* [PROBLEM] The output should consist solely of the line containing "path_str s ≡ (ok out, t)" and all lines after it through the final line of the entries below, reproduced exactly.

* [EXTRACTED MATERIAL]
··········

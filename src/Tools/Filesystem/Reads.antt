-- ===== src/Tools/Filesystem/Reads.antt =====
-- What `read_file` of skills/skill-filesystem/src/lib.rs gives back.
use orion_dock.Prelude.{◌≤◌, ℕ, subst, String, ◌≡◌, inl, inr, true, some, List, arith}
use orion_dock.Skills.Registry.{ok}
use orion_dock.Skills.Executor.{ToolOutput}
use orion_dock.Tools.Host.{FilePath, Io, Os, Json}
use orion_dock.Tools.Filesystem.{Session, validate_path, read_file, read_valid, file_fields}
use orion_dock.Tools.Filesystem.Paths.{Io-cases, Inside, and_then-ok, validate_path-ok}

module _ {Value W : Type 0} (json : Json Value) (os : Os W) (debug : List String → String) where
  read_valid-Inside :
      (path_str : String) (path : FilePath) (s t : Session Value W) (out : ToolOutput Value)
      → read_valid json os debug path_str path s ≡ (ok out, t)
      → out.success ≡ true
      → (size : ℕ) × (content : String) × (os.metadata_len path s.world ≡ Io.done size)
        × (size ≤ 1048576)
        × (os.read_to_string path s.world ≡ Io.done content)
        × (out.payload ≡ some (json.object (file_fields json os debug path content size)))
  read_valid-Inside path_str path s t out h good = elim (Io-cases (os.metadata_len path s.world)) [
    | inr (e, failed) ↦ absurd (ground arith)
    | inl (size, measured) ↦ elim (Io-cases (os.read_to_string path s.world)) [
      | inr (e, failed) ↦ absurd (ground arith)
      | inl (content, found) ↦ (size, content, measured, ground arith, found, ground arith)
    ]
  ]

  -- A file whose contents come back lies inside an allowed root, has at most a megabyte, and what comes
  -- back is its text.
  pub read_file-Inside :
      (path_str : String) (s t : Session Value W) (out : ToolOutput Value)
      → read_file json os debug path_str s ≡ (ok out, t)
      → out.success ≡ true
      → (path : FilePath) × (size : ℕ) × (content : String) × Inside json os debug
          s.skill.allowed_roots s.world path
        × (os.metadata_len path s.world ≡ Io.done size)
        × (size ≤ 1048576)
        × (os.read_to_string path s.world ≡ Io.done content)
        × (out.payload ≡ some (json.object (file_fields json os debug path content size)))
  unfolding read_file
  read_file-Inside path_str s t out h good =
      let (path, u, valid, rest) =
        and_then-ok json os debug (validate_path json os debug path_str s)
          (read_valid json os debug path_str) out t h in
      let (same, inside) = validate_path-ok json os debug path_str path s u valid in
      let rest' = subst (λ v. read_valid json os debug path_str path v ≡ (ok out, t)) same rest in
      let (size, content, measured, small, found, payload) =
        read_valid-Inside path_str path s t out rest' good in
      (path, size, content, inside, measured, small, found, payload)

··········

* [SOLUTION TO THIS PROBLEM]
      → read_file json os debug path_str s ≡ (ok out, t)
      → out.success ≡ true
      → (path : FilePath) × (size : ℕ) × (content : String) × Inside json os debug
          s.skill.allowed_roots s.world path
        × (os.metadata_len path s.world ≡ Io.done size)
        × (size ≤ 1048576)
        × (os.read_to_string path s.world ≡ Io.done content)
        × (out.payload ≡ some (json.object (file_fields json os debug path content size)))
  unfolding read_file
  read_file-Inside path_str s t out h good =
      let (path, u, valid, rest) =
        and_then-ok json os debug (validate_path json os debug path_str s)
          (read_valid json os debug path_str) out t h in
      let (same, inside) = validate_path-ok json os debug path_str path s u valid in
      let rest' = subst (λ v. read_valid json os debug path_str path v ≡ (ok out, t)) same rest in
      let (size, content, measured, small, found, payload) =
        read_valid-Inside path_str path s t out rest' good in
      (path, size, content, inside, measured, small, found, payload)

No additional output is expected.